Gayrimenkul kesimi ve çevresel riskler
Araştırma ekstrem hava olaylarının sıklığının ve şiddetinin artışından kaynaklı risklerin artacağına dikkat çekiyor. Bununla birlikte iştirakçilerin yaklaşık üçte ikisi gelecek beş yıl içerisinde sigorta masraflarında artış beklerken yarıdan fazlası sigortaya erişimin zorlaşacağını varsayım ediyor.
Araştırma, sigorta ve finans kuruluşlarının, gayrimenkul dalının iklim değişikliğine verdiği cevabı desteklemek için verimli sigorta ve finansman piyasaları sağlamayı amaçlarken tıpkı vakitte değişen düzenlemeler ve teknolojik gelişmeler karşısında iş modellerini yine değerlendirdiklerine dikkat çekiyor. İştirakçilerin yaklaşık yüzde 90’ı gelecek beş yıl içinde net sıfıra geçiş için yatırım harcamaları ve finansman ihtiyaçlarının gayrimenkul finansmanında kıymetli bir etken olmasını bekliyor.
Gayrimenkulün iklim risklerine karşı sigorta ve finanse edilmesiyle ilgili meseleleri yaygın bir halde kabul edilirken, mevcut farkındalık ve iş birliği düzeylerinin, sorunun ölçeğini ve aciliyetini yansıtır ölçüde olmadığı da dikkat çekiyor.
Katılımcıların üçte ikisinden fazlası 2025 yılındaki çevresel ve karbonsuzlaşma gereklilikleriyle ilgili kaygı duyarken yüzde 70’i bu tasalarının gelecek beş yılı kapsadığını belirtiyor. Önümüzdeki 12 ayda ve takip eden beş yılda yenilenebilir güç teknolojilerinin benimsenmesinin değeri sorulan iştirakçiler, yüzde 82’ye yüzde 73 olmak üzere bunun uzun vadedeki kıymetinin daha da artacağına inanıyor.
Araştırma, bölümdeki kimi oyuncuların, yatırım getirilerine ulaşmanın zorlaştığı ve işletme kârlarının baskı altında olduğu bir devirde çevresel dertleri birinci sırada tutmakta zorlandığını gösteriyor.
Gayrimenkul dalı ve yapay zekâ
Araştırma son birkaç yılda ChatGPT üzere üretken yapay zekâ araçları ve sanal asistanların geliştirilmesi, yapay zekâyı (AI) sırf kamu gündemine getirmekle kalmayıp iş dünyasında da varlığının hissedilmesini sağladı.

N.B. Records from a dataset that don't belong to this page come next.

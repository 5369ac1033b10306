-- ===== src/Rule/Tests.antt =====
-- Runs of the routing by rules. "a" is 97, "b" 98, "c" 99, "v" 118 and "w" 119.
use polaris_cpp.Base.{
  ℕ, Bool, true, false, Option, none, some, List, [], ◌∷◌, ◌≡◌, ◌≢◌, refl, arith, All, String,
  string_key, put, lookup, nat_key, leb, ℕ_discrete,
}
use polaris_cpp.CircuitBreaker.Status.{opened}
use polaris_cpp.LoadBalancer.Counting.{count_from}
use polaris_cpp.Router.Instances.{Instance, same, split, count}
use polaris_cpp.Rule.MatchString.{
  Re2, MatchString, exact, text, parameter, Metadata, RuleMetadata, map_match, map_match_collect,
  map_match_given,
}
use polaris_cpp.Rule.MatchString.Maps.{
  every, accepts, accepts_given, map_match-accepts, parameters_last,
}
use polaris_cpp.Rule.Source.{ServiceKey, ServiceInfo}
use polaris_cpp.Rule.Destination.{RouteRuleDestination, RuleRouterSet, calculate_groups}
use polaris_cpp.Rule.Destination.Groups.{members, in_group, calculate_groups-split}
use polaris_cpp.Rule.RouteRule.{RouteRule, Data}
use polaris_cpp.Rule.RouteMatch.{route_match}
use polaris_cpp.Rule.RouteMatch.First.{Outcome, route_match-Outcome}
use polaris_cpp.Rule.Cluster.{
  Rates, SetCircuitBreakerUnhealthyInfo, calculate_subset, set_status, takes_over,
}
use polaris_cpp.Rule.Cluster.Served.{served, status}
use polaris_cpp.Rule.Cluster.Subset.{calculate_subset_avoids_open}
use polaris_cpp.Rule.Choice.{
  InstancesSet, calculate_route_result, weigh_loop, select_set, use_value,
}
use polaris_cpp.Rule.Choice.Weights.{passes, share, select_share}
use polaris_cpp.Rule.Choice.Recovery.{GetsInstances, value_of, route_never_empty}

-- An engine whose patterns match themselves.
abbrev re : Re2
re = record { ok = λ p. true; partial_match = λ v p. same v p }

abbrev word : ℕ → String
word c = c ∷ []

abbrev exactly : ℕ → MatchString
exactly c = record {
  type_ = exact;
  value_type_ = text;
  data_ = word c;
  regex_ = none;
  all_match = false;
}

abbrev any_parameter : MatchString
any_parameter = record {
  type_ = exact;
  value_type_ = parameter;
  data_ = word 118;
  regex_ = none;
  all_match = false;
}

-- Two parameters, under "a" and "b".
abbrev two_parameters : RuleMetadata
two_parameters = (word 97, any_parameter) ∷ (word 98, any_parameter) ∷ []

abbrev caller : Metadata
caller = (word 97, word 118) ∷ (word 98, word 119) ∷ []

collected : map_match_collect re two_parameters caller [] ≡ (true, 44 ∷ 119 ∷ [])
unfolding map_match_collect lookup ℕ_discrete
collected = refl

map_match-accepts_example :
    (map_match re two_parameters caller ≡ every (accepts re caller) two_parameters)
    × ((map_match_collect re two_parameters caller []).0 ≡ every (accepts re caller) two_parameters)
    × (map_match_given re two_parameters caller caller
        ≡ every (accepts_given re caller caller) two_parameters)
unfolding lookup ℕ_discrete
map_match-accepts_example = map_match-accepts re caller two_parameters caller [] (refl, (refl, tt))

parameters_last_example : (map_match_collect re two_parameters caller []).1 ≡ 44 ∷ word 119
unfolding map_match_collect lookup ℕ_discrete
parameters_last_example =
    parameters_last re caller two_parameters [] (word 118) (word 119) [] refl refl

abbrev instance_of : ℕ → ℕ → Instance String
instance_of address value = record {
  address = address;
  metadata = (word 97, word value) ∷ [];
  region = [];
  zone = [];
  campus = [];
}

-- Any value under "a" as a parameter of the request, so that the subset is the request's value.
abbrev destination : RouteRuleDestination
destination = record {
  service_key_ = record { namespace_ = []; name_ = [] };
  metadata_ = (word 97, record any_parameter { value_type_ = text; all_match = true }) ∷ [];
  weight_ = 0;
  isolate_ = false;
  transfer_service_ = [];
}

abbrev three : List (Instance String)
three = instance_of 1 118 ∷ instance_of 2 119 ∷ instance_of 3 118 ∷ []

-- The group of "a:v".
calculate_groups-split_example :
    members (lookup (97 ∷ 58 ∷ 118 ∷ []) (calculate_groups re destination (3 ∷ []) [] three))
    ≡ split (3 ∷ []) (in_group re destination (3 ∷ []) [] (97 ∷ 58 ∷ 118 ∷ [])) three
calculate_groups-split_example =
    calculate_groups-split re destination (3 ∷ []) [] (97 ∷ 58 ∷ 118 ∷ []) three

group_of_v :
    members (lookup (97 ∷ 58 ∷ 118 ∷ []) (calculate_groups re destination (3 ∷ []) [] three))
    ≡ record { healthy_ = instance_of 1 118 ∷ []; unhealthy_ = instance_of 3 118 ∷ [] }
unfolding calculate_groups lookup put count ℕ_discrete
group_of_v = refl

-- A rule that holds for every request, and one for the service "b" only.
abbrev any_rule : RouteRule
any_rule = record { is_valid_ = true; sources_ = []; destinations_ = [] }

abbrev rule_for_b : RouteRule
rule_for_b = record {
  is_valid_ = true;
  sources_ =
      record {
        src_service_ = record { namespace_ = []; name_ = [] };
        dst_service_ = record { namespace_ = []; name_ = word 98 };
        metadata_ = [];
      }
      ∷ [];
  destinations_ = [];
}

abbrev info : Option ServiceInfo
info =
    some (record { service_key_ = record { namespace_ = []; name_ = word 97 }; metadata_ = caller })

abbrev service_c : ServiceKey
service_c = record { namespace_ = []; name_ = word 99 }

abbrev inbound_rules : List RouteRule
inbound_rules = rule_for_b ∷ any_rule ∷ []

route_match-Outcome_example :
    Outcome re info service_c inbound_rules none true
      (route_match re info service_c inbound_rules none true []).found
      (route_match re info service_c inbound_rules none true []).matched_route
      (route_match re info service_c inbound_rules none true []).match_outbounds
route_match-Outcome_example = route_match-Outcome re info service_c inbound_rules none true []

second_matches : (route_match re info service_c inbound_rules none true []).matched_route ≡ some 1
unfolding route_match lookup ℕ_discrete
second_matches = refl

-- A set of a value of "a", with one healthy and one unhealthy instance.
abbrev set_of : ℕ → ℕ → RuleRouterSet
set_of value weight = record {
  weight_ = weight;
  healthy_ = instance_of 1 value ∷ [];
  unhealthy_ = instance_of 2 value ∷ [];
  subset = (word 97, word value) ∷ [];
  isolated_ = false;
}

-- The breaker of the set of "v" is open.
abbrev breakers : List (String × SetCircuitBreakerUnhealthyInfo ℕ)
breakers =
    (97 ∷ 58 ∷ 118 ∷ 35 ∷ [], record { status = opened; half_open_release_percent = 50 }) ∷ []

-- Rates in percent.
abbrev percent : Rates ℕ
percent = record {
  one = 100;
  passed = λ w r. w;
  held = λ w r. w;
  enough = λ p healthy size. leb size healthy;
}

abbrev sets : Data
sets = (0, set_of 118 1 ∷ []) ∷ (1, set_of 119 3 ∷ []) ∷ []

calculate_subset_avoids_open_example :
    All
      (λ set. status breakers [] set ≢ opened)
      (served (calculate_subset breakers [] percent sets))
unfolding set_status lookup ℕ_discrete takes_over
calculate_subset_avoids_open_example = calculate_subset_avoids_open breakers [] percent sets refl

lower_priority_served : calculate_subset breakers [] percent sets ≡ (1, set_of 119 3 ∷ []) ∷ []
unfolding calculate_subset lookup ℕ_discrete
lower_priority_served = refl

abbrev two_sets : List RuleRouterSet
two_sets = set_of 118 1 ∷ set_of 119 3 ∷ []

abbrev of_v : InstancesSet → Bool
of_v s = elim (lookup (word 97) s.subset_) [ none ↦ false | some v ↦ same v (word 118) ]

select_share_example :
    count_from
      (λ r.
        passes 4 of_v (select_set (weigh_loop 4 two_sets 0 []).1 (weigh_loop 4 two_sets 0 []).0 r))
      0
      (weigh_loop 4 two_sets 0 []).0
    ≡ share 4 of_v two_sets
select_share_example = select_share 4 of_v two_sets (omega arith)

route_never_empty_example :
    GetsInstances
      (use_value (value_of (calculate_route_result (λ healthy size. leb size healthy) true sets)) 7)
unfolding calculate_route_result
route_never_empty_example =
    route_never_empty (λ healthy size. leb size healthy) (λ n pos. ground arith) sets 7
      (omega arith) (omega arith)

Sektör başkanları operasyonel kesinti, mali kayıplar, itibar kaybı ve düzenleyici ahenk hususlarında muhtemel riskler olduğu görüşünde. Bunlardan sonuncusu olan düzenleyici ahengi, AB’deki işletmeler için bilhassa bir sorun teşkil ediyor.
Araştırmaya nazaran gayrimenkul şirketleri için, kesimin gayrimenkul teknolojisini ve yapay zekâyı benimseme yolundaki eforları sürerken, bu teknolojilerin beraberinde gelen güvenlik açıkları bir tasa kaynağı.